FIGURE 1. Two hypotheses regarding metastatic routes in melanoma. According to the incubator hypothesis (left), primary melanoma initially metastasizes via the lymphatics to the SN, which is immunosuppressed by factors released from the primary melanoma. Metastatic foci in the SN may grow but remain latent (incubate) before spreading to distant sites. Thus, finding tumor cells in the SN indicates that the primary melanoma has the ability to metastasize; removal of the tumor-involved SN before there is further spread should prevent distant metastasis. According to the marker hypothesis (right), a primary melanoma metastasizes simultaneously via lymphatic and hematogenous routes. Thus, finding tumor cells in the SN is merely a marker of a primary melanoma that can metastasize; removal of the tumor-involved SN is unlikely to influence the growth of distant metastases and would have no therapeutic effect. The absence of melanoma cells in the SN indicates a primary melanoma that is unlikely to spread to distant sites; this has important prognostic implications.

FIGURE 2. Recurrence patterns of patients with AJCC stage I/II melanoma managed by WE + postoperative observation versus WE + LM/SL + selective CLND for tumor-involved SNs.

FIGURE 3. Compartmentalization of intranodal lymph flow as detected in the operating room by radiopharmaceutical, blue dye, and carbon dye (left) and confirmed in the pathology department by carbon dye (right).

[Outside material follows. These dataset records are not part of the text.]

-- ===== src/Core/Simulator/Motion.antt =====
-- core/src/simulator.cpp: the loop of `apply_actions` in which the vehicles move and recharge. A product
-- of two `std::int64_t` is taken to fit 64 bits.
use sentinel_public.Prelude.{
  ℕ, suc, Bool, true, false, not, ◌&&◌, ◌||◌, List, [], ◌∷◌, ◌++◌, Option, none, some, get_elem?,
  set, if◌then◌else◌, Except, ok, ◌>>=◌,
}
use sentinel_public.Prelude.Int.{ℤ, pos, ◌+ℤ◌, ◌-ℤ◌, ◌*ℤ◌, quot, abs, ltb_ℤ, leb_ℤ, eq_ℤ, min_ℤ}
use sentinel_public.Prelude.Text.{Text, is_empty}
use sentinel_public.Prelude.Word.{add64}
use sentinel_public.Protocol.Messages.{Point, ServiceLocation, NetworkMessage, NetworkOutcome}
use sentinel_public.Protocol.Actions.{
  BehaviorMode, idle, waiting, returning, AllocationState, AgentAction, Envelope, ActionBatch,
}
use sentinel_public.Planning.Geometry.{
  Coordinate, coordinate, segment_allowed, terrain_multiplier, contested_resource,
}
use sentinel_public.Planning.Energy.{motion_energy}
use sentinel_public.Core.Hash.{to_unsigned}
use sentinel_public.Core.Rng.{to_signed}
use sentinel_public.Core.Network.Step.{step, one_if}
use sentinel_public.Core.Simulator.State.{
  Services, Vehicle, Simulator, found, location, vehicle_state,
}
use sentinel_public.Core.Simulator.Counters.{record_energy_invariant}
use sentinel_public.Core.Simulator.Commits.{apply_commits, apply_rejections}
use sentinel_public.Core.Simulator.Failures.{apply_failure_detections}
use sentinel_public.Core.Simulator.Holds.{apply_reservations, has_reservation, occupied}

-- `std::clamp` between -limit and limit.
unfoldable pub axis_velocity : ℤ → ℤ → ℤ
unfolding ◌-ℤ◌
axis_velocity value limit =
    if ltb_ℤ value (pos 0 -ℤ limit)
    then pos 0 -ℤ limit
    else if ltb_ℤ limit value
    then limit
    else value

unfoldable pub inside : Point → ServiceLocation → Bool
unfolding abs ◌+ℤ◌ ◌-ℤ◌
inside point location =
    leb_ℤ (abs (point.x_mm -ℤ location.position.x_mm) +ℤ abs (point.y_mm -ℤ location.position.y_mm))
      location.radius_mm

unfoldable pub settle_mode : BehaviorMode → BehaviorMode
settle_mode BehaviorMode.unspecified = idle
settle_mode mode = mode

unfoldable pub is_waiting : BehaviorMode → Bool
is_waiting waiting = true
is_waiting _ = false

unfoldable pub is_returning : BehaviorMode → Bool
is_returning returning = true
is_returning _ = false

-- A cleared view.
abbrev pub no_view : AllocationState
no_view = record {
  epoch = 0;
  version = 0;
  sender_id = [];
  bids = [];
  winners = [];
  bundle_task_ids = [];
  map_version = 0;
  owners = [];
  winner_relays = [];
}

abbrev pub view_of : Option AllocationState → AllocationState
view_of none = no_view
view_of (some view) = view

abbrev pub stopped : Vehicle → Vehicle
stopped current = record current { velocity_x_mm_s = pos 0; velocity_y_mm_s = pos 0 }

-- The velocities that the vehicle's speed allows, and how far they take it in a step.
pub record Motion : Type 0 where
  pub velocity_x : ℤ
  pub velocity_y : ℤ
  pub delta_x : ℤ
  pub delta_y : ℤ

unfoldable pub limited : ℤ → ℤ → ℤ → ℤ
unfolding quot ◌*ℤ◌
limited velocity speed magnitude =
    if ltb_ℤ speed magnitude then quot (velocity *ℤ speed) magnitude else velocity

unfoldable pub motion_of : ℤ → ℕ → AgentAction → Motion
unfolding axis_velocity limited abs quot to_signed ◌+ℤ◌ ◌*ℤ◌
motion_of speed step_ms action =
    let velocity_x = axis_velocity action.velocity_x_mm_s speed in
    let velocity_y = axis_velocity action.velocity_y_mm_s speed in
    let magnitude = abs velocity_x +ℤ abs velocity_y in
    let limited_x = limited velocity_x speed magnitude in
    let limited_y = limited velocity_y speed magnitude in
    record {
      velocity_x = limited_x;
      velocity_y = limited_y;
      delta_x = quot (limited_x *ℤ to_signed step_ms) (pos 1000);
      delta_y = quot (limited_y *ℤ to_signed step_ms) (pos 1000);
    }

-- Whether the way leads through a chokepoint that the vehicle does not hold, or that is taken.
unfoldable pub reservation_blocked : Simulator → Vehicle → Motion → Option Text → Bool
unfolding has_reservation occupied
reservation_blocked s current m none = false
reservation_blocked s current m (some resource) =
    (not (eq_ℤ m.delta_x (pos 0)) || not (eq_ℤ m.delta_y (pos 0)))
    && (not (has_reservation s current.spec.id resource current.route_version)
        || occupied s resource current.spec.id)

-- The last branch: the vehicle pays for the way and is at its end.
unfoldable pub travel : Simulator → Vehicle → Motion → Coordinate → ℤ → ℤ → Simulator × Vehicle
unfolding record_energy_invariant to_unsigned ◌-ℤ◌
travel s current m to distance cost =
    let current' = record current {
      x_mm = to.x;
      y_mm = to.y;
      velocity_x_mm_s = m.velocity_x;
      velocity_y_mm_s = m.velocity_y;
      energy_mj = current.energy_mj -ℤ cost;
    } in
    let s' = record_energy_invariant s current' in
    (
      record s' {
        measures = record s'.measures {
          travel_distance_mm = add64 s'.measures.travel_distance_mm (to_unsigned distance);
          energy_consumed_mj = add64 s'.measures.energy_consumed_mj (to_unsigned cost);
        };
      },
      current',
    )

abbrev pub count_wait : Bool → Simulator → Simulator
count_wait b s = record s {
  measures = record s.measures { wait_ticks = add64 s.measures.wait_ticks (one_if b) };
}

-- The way is free: the vehicle goes it, if it may and can.
unfoldable pub drive_to : Simulator → Vehicle → Motion → Coordinate → Except (Simulator × Vehicle)
unfolding vehicle_state travel motion_energy abs ◌+ℤ◌
drive_to s current m to =
    let world = s.scenario.world in
    let from = coordinate current.x_mm current.y_mm in
    let state = vehicle_state current in
    let distance = abs m.delta_x +ℤ abs m.delta_y in
    if not (segment_allowed world state from to) then ok (s, stopped current) else do
      cost ← motion_energy state distance (terrain_multiplier world from to)
      if ltb_ℤ current.energy_mj cost
          then ok (s, stopped current)
          else ok (travel s current m to distance cost)

abbrev pub halted : Simulator → Vehicle → Simulator × Vehicle
halted s current = (
  count_wait (not (is_waiting current.behavior_mode)) s,
  record (stopped current) { behavior_mode = waiting },
)

-- Moving, for the vehicle in its new mode.
unfoldable pub drive : Simulator → Vehicle → AgentAction → Except (Simulator × Vehicle)
unfolding motion_of reservation_blocked is_waiting drive_to ◌+ℤ◌
drive s current action =
    let m = motion_of current.max_speed_mm_s s.scenario.step_ms action in
    let from = coordinate current.x_mm current.y_mm in
    let to = coordinate (current.x_mm +ℤ m.delta_x) (current.y_mm +ℤ m.delta_y) in
    if reservation_blocked s current m (contested_resource s.scenario.world from to)
    then ok (halted s current)
    else drive_to s current m to

-- A tick at a charging location that the vehicle is inside of.
unfoldable pub charge : Simulator → Vehicle → ServiceLocation → Simulator × Vehicle
unfolding inside record_energy_invariant ◌+ℤ◌
charge s current target =
    let current' = record current {
      energy_mj = min_ℤ current.energy_capacity_mj (current.energy_mj +ℤ target.charge_mj_per_tick);
    } in
    let s' = record_energy_invariant s current' in
    if not (inside (record { x_mm = current.x_mm; y_mm = current.y_mm }) target)
    then (s, current)
    else (
      record s' {
        measures = record s'.measures { recharge_ticks = add64 s'.measures.recharge_ticks 1 };
      },
      current',
    )

-- A standing vehicle may ask to charge.
abbrev pub asks_charge : AgentAction → Bool
asks_charge action =
    not (is_empty action.charge_location_id)
    && (eq_ℤ action.velocity_x_mm_s (pos 0) && eq_ℤ action.velocity_y_mm_s (pos 0))

unfoldable pub recharge : Simulator × Vehicle → AgentAction → Except (Simulator × Vehicle)
unfolding location charge
recharge r action =
    if not (asks_charge action)
    then ok r
    else do target ← location r.0 action.charge_location_id; ok (charge r.0 r.1 target)

-- What an active vehicle's action adds to the measures before it moves.
unfoldable pub count_modes : Simulator → BehaviorMode → AgentAction → Simulator
unfolding is_waiting is_returning
count_modes s mode action = record s {
  measures = record s.measures {
    wait_ticks = add64 s.measures.wait_ticks (one_if (is_waiting mode));
    return_ticks = add64 s.measures.return_ticks (one_if (is_returning mode));
    replan_count = add64 s.measures.replan_count (one_if action.replanned);
  };
  replanning_samples = s.replanning_samples ++ action.replanning_samples;
}

abbrev pub put_vehicle : Simulator → ℕ → Vehicle → Simulator
put_vehicle s index current = record s { vehicles = set s.vehicles index current }

abbrev pub in_mode : Vehicle → AgentAction → Vehicle
in_mode current action = record current { behavior_mode = settle_mode action.behavior_mode }

abbrev pub put_view : Simulator → ℕ → AgentAction → Simulator
put_view s index action = record s {
  allocation_views = set s.allocation_views index (view_of action.allocation_state);
}

-- An active vehicle's round: it moves and then recharges.
unfoldable pub move : Simulator → Vehicle → AgentAction → Except (Simulator × Vehicle)
unfolding count_modes drive recharge
move s current action = do
  moved ← drive (count_modes s current.behavior_mode action) current action
  recharge moved action

-- The round of the loop for the vehicle at an index: the new state and the messages that it sends.
unfoldable pub act : Simulator → ℕ → Envelope → Except (Simulator × List NetworkMessage)
unfolding settle_mode move
act s index envelope = do
  let action = envelope.action
  v ← found (get_elem? s.vehicles index)
  let current = in_mode v action
  let s' = put_view s index action
  if not v.active then ok (put_vehicle s' index (stopped current), []) else do
    done ← move s' current action
    ok (put_vehicle done.0 index done.1, action.outgoing_messages)

unfoldable pub act_all : Simulator → ℕ → List Envelope → Except (Simulator × List NetworkMessage)
unfolding act
act_all s index [] = ok (s, [])
act_all s index (e ∷ es) = do
  r ← act s index e
  rest ← act_all r.0 (suc index) es
  ok (rest.0, r.1 ++ rest.1)

-- The outcomes of the network are appended to those of the events.
unfoldable pub apply_actions :
    Services
    → Simulator
    → ActionBatch
    → List NetworkOutcome
    → Bool
    → Except (Simulator × List NetworkOutcome)
unfolding apply_failure_detections apply_commits apply_rejections apply_reservations act_all step
apply_actions env s actions network_outcomes coordination_fence = do
  s1 ← apply_failure_detections s actions
  s2 ← apply_commits env s1 actions coordination_fence
  s3 ← apply_rejections s2 actions
  s4 ← apply_reservations s3 actions coordination_fence
  r ← act_all s4 0 actions.actions
  n ← step env.envelope_size r.0.network r.0.tick r.1
  ok (
    record r.0 { network = n.0; delivered_messages = n.1.delivered },
    network_outcomes ++ n.1.outcomes,
  )
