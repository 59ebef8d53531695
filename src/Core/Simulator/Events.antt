-- ===== src/Core/Simulator/Events.antt =====
-- core/src/simulator.cpp: what each kind of event on the tape does, in `Simulator::apply_events`.
use sentinel_public.Prelude.{
  ℕ, Bool, true, false, not, ◌&&◌, ◌||◌, List, [], ◌++◌, map, keep, Option, none, some, ◌==◌,
  bool_eq, if◌then◌else◌, Except, ok, throw, throw_if, ◌>>=◌, ◌>>◌, runtime_error,
}
use sentinel_public.Prelude.Int.{ℤ, pos, ◌+ℤ◌, ◌*ℤ◌, quot, eq_ℤ, min_ℤ, max_ℤ}
use sentinel_public.Prelude.Text.{Text, text_eq, is_empty}
use sentinel_public.Prelude.Keyed.{find_key, put_key}
use sentinel_public.Prelude.Word.{add64}
use sentinel_public.Protocol.Messages.{NetworkOutcome}
use sentinel_public.Protocol.Actions.{
  TapeEventKind, energy_delta, set_speed_permille, set_endurance_permille, TapeEvent, AppliedEvent,
  TaskReassignment,
}
use sentinel_public.Planning.Reservation.{release_agent, release_route, release_map}
use sentinel_public.Core.Rng.{RngStreams, stream, rng_at, draw_from}
use sentinel_public.Core.Network.State.{set_profile}
use sentinel_public.Core.Network.Links.{link_blocked, set_link_blocked as cut_link}
use sentinel_public.Core.Simulator.State.{
  Services, Vehicle, FailureMonitor, Task, Simulator, vehicle_id, task_id, found, vehicle, task,
  network_profile, begin_convergence, next_epoch,
}
use sentinel_public.Core.Simulator.Counters.{record_energy_invariant}
use sentinel_public.Core.Simulator.Failures.{is_orphan_of}
use sentinel_public.Core.Simulator.Motion.{stopped}

abbrev pub fresh : TapeEvent → AppliedEvent
fresh source = record {
  source = source;
  resolved_value = pos 0;
  rng_stream = [];
  rng_state_after = 0;
}

unfoldable pub is_random : TapeEventKind → Bool
is_random energy_delta = true
is_random set_speed_permille = true
is_random set_endurance_permille = true
is_random _ = false

-- The event on record that stands for the source, or a new one.
unfoldable pub begin_event : Services → TapeEvent → Option AppliedEvent → Except AppliedEvent
begin_event env source none = ok (fresh source)
begin_event env source (some event) =
    if text_eq (env.event_bytes event.source) (env.event_bytes source)
    then ok event
    else throw runtime_error

unfoldable pub release : Simulator → TapeEvent → Except Simulator
unfolding task put_key
release s source = do
  target ← task s source.target_id
  let s' = record s { tasks = put_key task_id s.tasks (record target { released = true }) }
  if target.released
      then ok s
      else ok (if is_empty target.assigned_agent_id then next_epoch s' else s')

-- One monitor for every other active vehicle.
unfoldable pub monitors_of : Text → ℕ → List Vehicle → List FailureMonitor
monitors_of failed tick vehicles =
    map
      (λ detector. record {
        detector_id = detector.spec.id;
        failed_id = failed;
        failure_tick = tick;
        missed_ticks = 0;
        detection_tick = none;
      })
      (keep (λ detector. detector.active && not (text_eq detector.spec.id failed)) vehicles)

-- One sample for every open task that the failed vehicle had.
unfoldable pub samples_of : Text → ℕ → List Task → List TaskReassignment
samples_of failed tick tasks =
    map
      (λ current. record {
        task_id = current.spec.id;
        failed_agent_id = failed;
        detector_agent_id = [];
        failure_tick = tick;
        detection_tick = 0;
        previous_epoch = current.allocation_epoch;
        previous_version = current.allocation_version;
        new_agent_id = [];
        new_epoch = 0;
        new_version = 0;
        commit_tick = 0;
        complete = false;
      })
      (keep (is_orphan_of failed) tasks)

unfoldable pub disable : Simulator → TapeEvent → Except Simulator
unfolding vehicle put_key release_agent monitors_of samples_of
disable s source = do
  target ← vehicle s source.target_id
  let id = target.spec.id
  let vehicles =
      put_key vehicle_id s.vehicles
        (record (stopped target) { active = false; failure_tick = some s.tick })
  if not target.active
      then ok s
      else ok (record s {
        vehicles = vehicles;
        reservations = release_agent s.reservations id;
        failure_monitors = s.failure_monitors ++ monitors_of id s.tick vehicles;
        task_reassignments = s.task_reassignments ++ samples_of id s.tick s.tasks;
      })

-- The drawn value, the event with it and the streams after the draw.
unfoldable pub resolve :
    RngStreams → TapeEvent → Option AppliedEvent → Except (ℤ × AppliedEvent × RngStreams)
unfolding draw_from stream rng_at
resolve streams source recorded = do
  r ← draw_from streams source.rng_stream source.value_min source.value_max
  let after = stream r.1 source.rng_stream
  let state = rng_at after.0.entries after.1 0
  elim recorded [
    | none ↦ ok (
      r.0,
      record (fresh source) {
        resolved_value = r.0;
        rng_stream = source.rng_stream;
        rng_state_after = state;
      },
      r.1,
    )
    | some event ↦ do
      throw_if
          (not (text_eq event.rng_stream source.rng_stream)
            || (not (eq_ℤ event.resolved_value r.0) || not (event.rng_state_after == state)))
          runtime_error
      ok (event.resolved_value, event, r.1)
  ]

unfoldable pub update_vehicle : Simulator → Vehicle → Simulator
unfolding put_key
update_vehicle s target = record s { vehicles = put_key vehicle_id s.vehicles target }

abbrev pub free_route : Simulator → Vehicle → Simulator
free_route s target = record s {
  reservations = release_route s.reservations target.spec.id target.route_version;
}

-- The drawn value, applied to the target.
unfoldable pub change_vehicle : Simulator → TapeEventKind → Vehicle → ℤ → Simulator
unfolding update_vehicle record_energy_invariant release_route begin_convergence quot ◌+ℤ◌ ◌*ℤ◌
change_vehicle s energy_delta target value =
    let target' = record target { energy_mj = max_ℤ (pos 0) (target.energy_mj +ℤ value) } in
    record_energy_invariant (update_vehicle s target') target'
change_vehicle s set_speed_permille target value =
    let target' = record target {
      max_speed_mm_s = max_ℤ (pos 1) (quot (target.spec.max_speed_mm_s *ℤ value) (pos 1000));
    } in
    next_epoch (free_route (update_vehicle s target') target')
change_vehicle s _ target value =
    let capacity = max_ℤ (pos 1) (quot (target.spec.initial_energy_mj *ℤ value) (pos 1000)) in
    let target' = record target {
      energy_capacity_mj = capacity;
      energy_mj = min_ℤ target.energy_mj capacity;
    } in
    next_epoch (free_route (record_energy_invariant (update_vehicle s target') target') target')

unfoldable pub change_profile : Simulator → TapeEvent → Except Simulator
unfolding network_profile set_profile
change_profile s source = do
  network ← set_profile s.network (network_profile s source.text_value)
  ok (record s { network_profile = source.text_value; network = network })

unfoldable pub close_region : Simulator → TapeEvent → Except Simulator
unfolding find_key put_key release_map begin_convergence
close_region s source = do
  let world = s.scenario.world
  region ← found (find_key (λ r. r.id) world.regions source.target_id)
  let version = add64 world.map_version 1
  let world' = record world {
    regions = put_key (λ r. r.id) world.regions (record region { closed = source.bool_value });
    map_version = version;
  }
  if bool_eq region.closed source.bool_value
      then ok s
      else ok (
          begin_convergence (record s {
            scenario = record s.scenario { world = world' };
            reservations = release_map s.reservations version;
          }))

unfoldable pub block_link : Simulator → TapeEvent → Except (Simulator × List NetworkOutcome)
unfolding link_blocked cut_link begin_convergence
block_link s source = do
  was_blocked ← link_blocked s.network source.target_id source.text_value
  r ← cut_link s.network source.target_id source.text_value source.bool_value s.tick
  let s' = record s { network = r.0 }
  ok (if bool_eq was_blocked source.bool_value then s' else begin_convergence s', r.1)
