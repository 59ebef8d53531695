-- ===== src/Core/Simulator/Failures/Watch.antt =====
-- How long `update_failure_monitors` of core/src/simulator.cpp takes to detect a failure.
use native.Mathlib.Nat.{mod-eq_of_lt}
use sentinel_public.Prelude.{
  ℕ, ◌+◌, ◌%◌, ◌^◌, ◌<◌, ◌≡◌, refl, ap, ◌∙◌, true, false, List, [], ◌∷◌, ◌++◌, All, length, leb,
  none, some, Except, ok, for_each, arith,
}
use sentinel_public.Prelude.Text.{Text}
use sentinel_public.Prelude.Word.{add64}
use sentinel_public.Core.Network.Links.{link_blocked}
use sentinel_public.Core.Simulator.State.{Vehicle, FailureMonitor, Simulator, vehicle}
use sentinel_public.Core.Simulator.Failures.{hears, count_silence, update_monitor}

-- The detector is active, its link to the failed agent is open, and nothing came from there.
pub record IsSilent (threshold : ℕ) (detector failed : Text) (s : Simulator) : Type 0 where
  pub watcher : Vehicle
  pub is_there : vehicle s detector ≡ ok watcher
  pub is_active : watcher.active ≡ true
  pub linked : link_blocked s.network detector failed ≡ ok false
  pub unheard :
      hears s.delivered_messages (record {
        detector_id = detector;
        failed_id = failed;
        failure_tick = 0;
        missed_ticks = 0;
        detection_tick = none;
      })
      ≡ false
  pub same_threshold : s.scenario.failure_detection_ticks ≡ threshold

-- The monitor in the states of consecutive ticks.
unfoldable pub watch : FailureMonitor → List Simulator → Except FailureMonitor
unfolding update_monitor
watch = for_each (λ m s. update_monitor s m)

abbrev Silent : ℕ → FailureMonitor → Simulator → Type 0
Silent threshold m = IsSilent threshold m.detector_id m.failed_id

module _ (threshold : ℕ) where
  missed_round :
      (s : Simulator) (m : FailureMonitor)
      → m.detection_tick ≡ none
      → Silent threshold m s
      → update_monitor s m ≡ ok (count_silence threshold s.tick false m)
  unfolding update_monitor
  missed_round s m e h = rw (e, h.is_there, h.is_active, h.linked, h.unheard, h.same_threshold) refl

  -- The next round: one more silent tick.
  abbrev later : FailureMonitor → FailureMonitor
  later m = record m { missed_ticks = m.missed_ticks + 1 }

  not_yet :
      (tick : ℕ) (m : FailureMonitor)
      → m.detection_tick ≡ none
      → m.missed_ticks + 1 < threshold
      → threshold < 2 ^ 64
      → count_silence threshold tick false m ≡ later m
  unfolding count_silence
  not_yet tick m e h k = rw (e, mod-eq_of_lt small, early) refl
    where
      small : m.missed_ticks + 1 < 2 ^ 64
      small = omega arith

      early : leb threshold (m.missed_ticks + 1) ≡ false
      early = ground arith

  detected :
      (tick : ℕ) (m : FailureMonitor)
      → m.missed_ticks + 1 ≡ threshold
      → threshold < 2 ^ 64
      → (count_silence threshold tick false m).detection_tick ≡ some (add64 tick 1)
  unfolding count_silence
  detected tick m h k = rw (mod-eq_of_lt small, now) refl
    where
      small : m.missed_ticks + 1 < 2 ^ 64
      small = omega arith

      now : leb threshold (m.missed_ticks + 1) ≡ true
      now = ground arith

  -- A monitor that has missed some ticks detects the failure in the round that makes the missed ticks as
  -- many as the threshold, if the agent is silent in all rounds until then: the update returns in every
  -- round, and the detection tick is the one after the last round's.
  pub watch-detects :
      (ss : List Simulator) (s : Simulator) (m : FailureMonitor)
      → threshold < 2 ^ 64
      → m.detection_tick ≡ none
      → m.missed_ticks + length ss + 1 ≡ threshold
      → All (IsSilent threshold m.detector_id m.failed_id) (ss ++ s ∷ [])
      → (r : FailureMonitor) × (watch m (ss ++ s ∷ []) ≡ ok r)
        × (r.detection_tick ≡ some ((s.tick + 1) % 2 ^ 64))
  unfolding watch
  watch-detects [] s m k e h silent = (
    count_silence threshold s.tick false m,
    rw (missed_round s m e silent.0) refl,
    detected s.tick m (omega arith) k,
  )
  watch-detects (x ∷ xs) s m k e h silent =
      let step = missed_round x m e silent.0 ∙ ap ok (not_yet x.tick m e (omega arith) k) in
      let r = watch-detects xs s (later m) k e (omega arith) silent.1 in (r.0, rw step r.1, r.2)
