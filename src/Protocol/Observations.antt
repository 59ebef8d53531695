-- ===== src/Protocol/Observations.antt =====
-- proto/sentinel/v1/sentinel.proto: what the simulator reports to the agents and at the end of a run.
use sentinel_public.Prelude.{ℕ, Bool, List, Option}
use sentinel_public.Prelude.Text.{Text}
use sentinel_public.Protocol.Messages.{
  AllocationPolicy, World, VehicleState, TaskState, NetworkMessage,
}
use sentinel_public.Protocol.Actions.{
  AllocationConvergence, SpaceTimeReservation, FailureDetection, TaskReassignment, ReplanningSample,
}

pub record AgentObservation : Type 0 where
  pub tick : ℕ
  pub step_ms : ℕ
  pub self : VehicleState
  pub assigned_tasks : List TaskState
  pub delivered_messages : List NetworkMessage
  pub world : World
  pub available_tasks : List TaskState
  pub peer_ids : List Text
  pub allocation_epoch : ℕ
  pub allocation_policy : AllocationPolicy
  pub known_tasks : List TaskState
  pub network_profile : Text
  pub failure_detections : List FailureDetection
  pub committed_reservations : List SpaceTimeReservation
  pub reachable_peer_ids : List Text

-- An envelope whose body is an observation.
pub record ObservationEnvelope : Type 0 where
  pub schema_version : ℕ
  pub sequence : ℕ
  pub simulation_time_ms : ℕ
  pub sender_id : Text
  pub recipient_id : Text
  pub observation : AgentObservation

pub record SimulationSummary : Type 0 where
  pub success : Bool
  pub ticks : ℕ
  pub terminal_hash : Text
  pub tick_hashes : List Text
  pub completed_tasks : ℕ
  pub total_tasks : ℕ
  pub active_agents : ℕ
  pub wait_ticks : ℕ
  pub replan_count : ℕ
  pub recharge_ticks : ℕ
  pub return_ticks : ℕ
  pub route_conflicts : ℕ
  pub travel_distance_mm : ℕ
  pub energy_consumed_mj : ℕ
  pub rejected_commits : ℕ
  pub communication_bytes : ℕ
  pub communication_messages : ℕ
  pub delivered_messages : ℕ
  pub dropped_messages : ℕ
  pub reordered_messages : ℕ
  pub allocation_convergence : List AllocationConvergence
  pub failure_detections : List FailureDetection
  pub task_reassignments : List TaskReassignment
  pub replanning_samples : List ReplanningSample
  pub maximum_reassignment_delay_ms : ℕ
  pub missing_reassignments : ℕ
  pub agent_energy_never_drops_below_zero : Bool
  pub agent_energy_below_zero_violations : ℕ
  pub committed_reservations_never_overlap : Bool
  pub committed_reservation_overlap_violations : ℕ
  pub completed_tasks_are_never_reassigned : Bool
  pub completed_task_reassignment_violations : ℕ
  pub incapable_agents_never_commit_tasks : Bool
  pub incapable_agent_commit_violations : ℕ

pub record ObservationBatch : Type 0 where
  pub tick : ℕ
  pub observations : List ObservationEnvelope
  pub finished : Bool
  pub summary : Option SimulationSummary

FIGURE 4. Left, Kaplan–Meier estimates of disease-free survival (DFS) in patients with H&E/IH-positive SNs (N = 53) and IH-negative SNs (N = 162) according to SN expression of no mRNA markers or at least 1 mRNA marker (tyrosinase, MART-1, MITF, and/or TRP-2). Right, Kaplan–Meier estimates of OS according to multimarker qRT and histopathology status of SNs in 215 patients.

FIGURE 5. Kaplan–Meier estimates of OS after WE for immediate versus delayed therapeutic CLND in 287 pairs of patients matched by the criteria shown in Table 4.

FIGURE 6. Comparison of the density and area of dendritic cells, T cells and B cells in 21 matched pairs of SNs and nonsentinel nodes (NSNs) from 11 patients with AJCC stage I/II melanoma. Each SN was size-matched with a NSN from the same patient (data from Cochran et al24).